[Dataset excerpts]
+++
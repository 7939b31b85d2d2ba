-- ===== src/Base/Int.antt =====
-- Signed integers, and `std::stoi` with its overflow, and the decimal output of an `int`.
use Prim.Native.Nat.{ℕ, zero, suc, ◌+◌, ◌-◌, ◌*◌, ◌/◌, ◌%◌, ◌^◌}
use Prim.Native.String.{String}
use mathlib.Core.Bool.{Bool, true, false, ◌&&◌, ◌||◌}
use mathlib.Core.Option.{Option, none, some}
use mathlib.Core.List.{List, [], ◌∷◌}
use web_socket_ds.Base.Tests.{ltb, leb, nat_beq, if◌then◌else◌}
use web_socket_ds.Base.Text.{codes, ◌<>◌}

-- `negsuc n` is -(n + 1).
pub data ℤ : Type 0 where
  pos : ℕ → ℤ
  negsuc : ℕ → ℤ

abbrev pub negate : ℕ → ℤ
negate zero = pos 0
negate (suc n) = negsuc n

-- `isspace` in the "C" locale.
abbrev is_space : ℕ → Bool
is_space c = nat_beq c 32 || (leb 9 c && leb c 13)

abbrev is_digit : ℕ → Bool
is_digit c = leb b'0' c && leb c b'9'

skip_spaces : List ℕ → List ℕ
skip_spaces [] = []
skip_spaces (c ∷ s) = if is_space c then skip_spaces s else c ∷ s

-- The digits at the front, as a number; `none` where there is none.
read_digits : Option ℕ → List ℕ → Option ℕ
read_digits acc [] = acc
read_digits none (c ∷ s) = if is_digit c then read_digits (some (c - b'0')) s else none
read_digits (some n) (c ∷ s) =
    if is_digit c then read_digits (some (n * 10 + (c - b'0'))) s else some n

-- A 32-bit `int`: `stoi` throws `out_of_range` beyond it.
abbrev in_int : Bool → ℕ → Option ℤ
in_int false n = if ltb n (2 ^ 31) then some (pos n) else none
in_int true n = if leb n (2 ^ 31) then some (negate n) else none

signed : Bool → Option ℕ → Option ℤ
signed neg none = none
signed neg (some n) = in_int neg n

read_sign : List ℕ → Option ℤ
unfolding read_digits signed
read_sign [] = none
read_sign (c ∷ s) =
    if nat_beq c b'-'
    then signed true (read_digits none s)
    else if nat_beq c b'+'
    then signed false (read_digits none s)
    else signed false (read_digits none (c ∷ s))

-- `std::stoi`; `none` where it throws.
unfoldable pub stoi : String → Option ℤ
unfolding read_sign skip_spaces
stoi s = read_sign (skip_spaces (codes s))

abbrev pub digit : ℕ → String
digit zero = "0"
digit (suc zero) = "1"
digit (suc (suc zero)) = "2"
digit (suc (suc (suc zero))) = "3"
digit (suc (suc (suc (suc zero)))) = "4"
digit (suc (suc (suc (suc (suc zero))))) = "5"
digit (suc (suc (suc (suc (suc (suc zero)))))) = "6"
digit (suc (suc (suc (suc (suc (suc (suc zero))))))) = "7"
digit (suc (suc (suc (suc (suc (suc (suc (suc zero)))))))) = "8"
digit _ = "9"

-- Ten rounds: a 32-bit number has ten digits at most.
unfoldable pub show_from : ℕ → ℕ → String
show_from zero n = ""
show_from (suc f) n =
    let front = show_from f (n / 10) in if ltb n 10 then digit n else front <> digit (n % 10)

-- `stream << n`.
unfoldable pub show_nat : ℕ → String
unfolding show_from
show_nat n = show_from 20 n

unfoldable pub show_int : ℤ → String
unfolding show_nat
show_int (pos n) = show_nat n
show_int (negsuc n) = "-" <> show_nat (n + 1)
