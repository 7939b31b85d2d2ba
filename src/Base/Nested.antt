-- ===== src/Base/Nested.antt =====
-- Maps of maps of maps: `m[a][b][c]`, with the pruning of maps that became empty.
use mathlib.Core.Path.{◌≡◌, refl}
use mathlib.Core.Bool.{true, ◌&&◌}
use mathlib.Core.Option.{Option, none, some}
use mathlib.Core.List.{[], ◌∷◌}
use native.Mathlib.Omega.{arith}
use web_socket_ds.Base.Tests.{if◌then◌else◌}
use web_socket_ds.Base.Lists.{is_nil}
use web_socket_ds.Base.Dict.{
  MapKey, ◌==◌, Dict, lookup, assign, erase, index, lookup-assign, lookup-erase,
}

abbrev chain {ℓ κ} : {A : Type ℓ} {B : Type κ} → Option A → (A → Option B) → Option B
chain none f = none
chain (some a) f = f a

module _ {ℓ κ} {K : Type ℓ} {V : Type κ} ⦃e : MapKey K⦄ where
  lookup_of_is_nil : (k : K) (m : Dict K V) → is_nil m ≡ true → lookup k m ≡ none
  unfolding lookup
  lookup_of_is_nil k [] h = refl
  lookup_of_is_nil k (x ∷ m) h = ground arith

module _ {ℓ} {B C V : Type ℓ} ⦃eb : MapKey B⦄ ⦃ec : MapKey C⦄ where
  lookup2 : B → C → Dict B (Dict C V) → Option V
  lookup2 b c n = lookup c (index b [] n)

  assign2 : B → C → V → Dict B (Dict C V) → Dict B (Dict C V)
  assign2 b c v n = assign b (assign c v (index b [] n)) n

  -- `m[b].erase(c); if (!m[b].size()) m.erase(b);`
  unfoldable pub erase_inner : B → C → Dict B (Dict C V) → Dict B (Dict C V)
  erase_inner b c n =
      let inner = erase c (index b [] n) in if is_nil inner then erase b n else assign b inner n

  lookup2-assign2 :
      (b y : B) (c z : C) (v : V) (n : Dict B (Dict C V))
      → lookup2 y z (assign2 b c v n) ≡ (if b == y && c == z then some v else lookup2 y z n)
  unfolding lookup2 assign2
  lookup2-assign2 b y c z v n = ground (
    arith,
    eb.beq_iff b y,
    lookup-assign b y (assign c v (index b [] n)) n,
    lookup-assign c z v (index b [] n),
  )

  lookup2-erase_inner :
      (b y : B) (c z : C) (n : Dict B (Dict C V))
      → lookup2 y z (erase_inner b c n) ≡ (if b == y && c == z then none else lookup2 y z n)
  unfolding lookup2 erase_inner
  lookup2-erase_inner b y c z n = ground (
    arith,
    eb.beq_iff b y,
    lookup-assign b y (erase c (index b [] n)) n,
    lookup-erase b y n,
    lookup-erase c z (index b [] n),
    lookup_of_is_nil z (erase c (index b [] n)),
  )

  lookup2_of_is_nil :
      (b : B) (c : C) (n : Dict B (Dict C V)) → is_nil n ≡ true → lookup2 b c n ≡ none
  unfolding lookup2 lookup
  lookup2_of_is_nil b c [] h = refl
  lookup2_of_is_nil b c (x ∷ n) h = ground arith

module _ {ℓ} {A B C V : Type ℓ} ⦃ea : MapKey A⦄ ⦃eb : MapKey B⦄ ⦃ec : MapKey C⦄ where
  -- `m.at(a).at(b).at(c)`, with `none` for `out_of_range`.
  unfoldable pub lookup3 : A → B → C → Dict A (Dict B (Dict C V)) → Option V
  unfolding lookup2
  lookup3 a b c m = lookup2 b c (index a [] m)

  -- `m[a][b][c] = v`.
  unfoldable pub assign3 : A → B → C → V → Dict A (Dict B (Dict C V)) → Dict A (Dict B (Dict C V))
  unfolding assign2
  assign3 a b c v m = assign a (assign2 b c v (index a [] m)) m

  -- `erase_inner` below `m[a]`, and `if (!m[a].size()) m.erase(a);`
  unfoldable pub erase_pruned : A → B → C → Dict A (Dict B (Dict C V)) → Dict A (Dict B (Dict C V))
  erase_pruned a b c m =
      let outer = erase_inner b c (index a [] m) in
      if is_nil outer then erase a m else assign a outer m

  -- `erase_inner` below `m[a]`, which stays.
  unfoldable pub erase_kept : A → B → C → Dict A (Dict B (Dict C V)) → Dict A (Dict B (Dict C V))
  erase_kept a b c m = assign a (erase_inner b c (index a [] m)) m

  pub lookup3-assign3 :
      (a x : A) (b y : B) (c z : C) (v : V) (m : Dict A (Dict B (Dict C V)))
      → lookup3 x y z (assign3 a b c v m)
        ≡ (if a == x && b == y && c == z then some v else lookup3 x y z m)
  unfolding lookup3 assign3
  lookup3-assign3 a x b y c z v m = ground (
    arith,
    ea.beq_iff a x,
    lookup-assign a x (assign2 b c v (index a [] m)) m,
    lookup2-assign2 b y c z v (index a [] m),
  )

  pub lookup3-erase_kept :
      (a x : A) (b y : B) (c z : C) (m : Dict A (Dict B (Dict C V)))
      → lookup3 x y z (erase_kept a b c m)
        ≡ (if a == x && b == y && c == z then none else lookup3 x y z m)
  unfolding lookup3 erase_kept
  lookup3-erase_kept a x b y c z m = ground (
    arith,
    ea.beq_iff a x,
    lookup-assign a x (erase_inner b c (index a [] m)) m,
    lookup2-erase_inner b y c z (index a [] m),
  )

  pub lookup3-erase_pruned :
      (a x : A) (b y : B) (c z : C) (m : Dict A (Dict B (Dict C V)))
      → lookup3 x y z (erase_pruned a b c m)
        ≡ (if a == x && b == y && c == z then none else lookup3 x y z m)
  unfolding lookup3 erase_pruned
  lookup3-erase_pruned a x b y c z m = ground (
    arith,
    ea.beq_iff a x,
    lookup-assign a x (erase_inner b c (index a [] m)) m,
    lookup-erase a x m,
    lookup2-erase_inner b y c z (index a [] m),
    lookup2_of_is_nil y z (erase_inner b c (index a [] m)),
  )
+++
_WHAT YOU SHOULD DO_:
In the data above, find the line that contains "negsuc : ℕ → ℤ", then reproduce exactly every line from the first line through that line.

_TASK RESPONSE_:
repository 7939b31b85d2d2ba
-- ===== src/Base/Int.antt =====
-- Signed integers, and `std::stoi` with its overflow, and the decimal output of an `int`.
use Prim.Native.Nat.{ℕ, zero, suc, ◌+◌, ◌-◌, ◌*◌, ◌/◌, ◌%◌, ◌^◌}
use Prim.Native.String.{String}
use mathlib.Core.Bool.{Bool, true, false, ◌&&◌, ◌||◌}
use mathlib.Core.Option.{Option, none, some}
use mathlib.Core.List.{List, [], ◌∷◌}
use web_socket_ds.Base.Tests.{ltb, leb, nat_beq, if◌then◌else◌}
use web_socket_ds.Base.Text.{codes, ◌<>◌}

-- `negsuc n` is -(n + 1).
pub data ℤ : Type 0 where
  pos : ℕ → ℤ
  negsuc : ℕ → ℤ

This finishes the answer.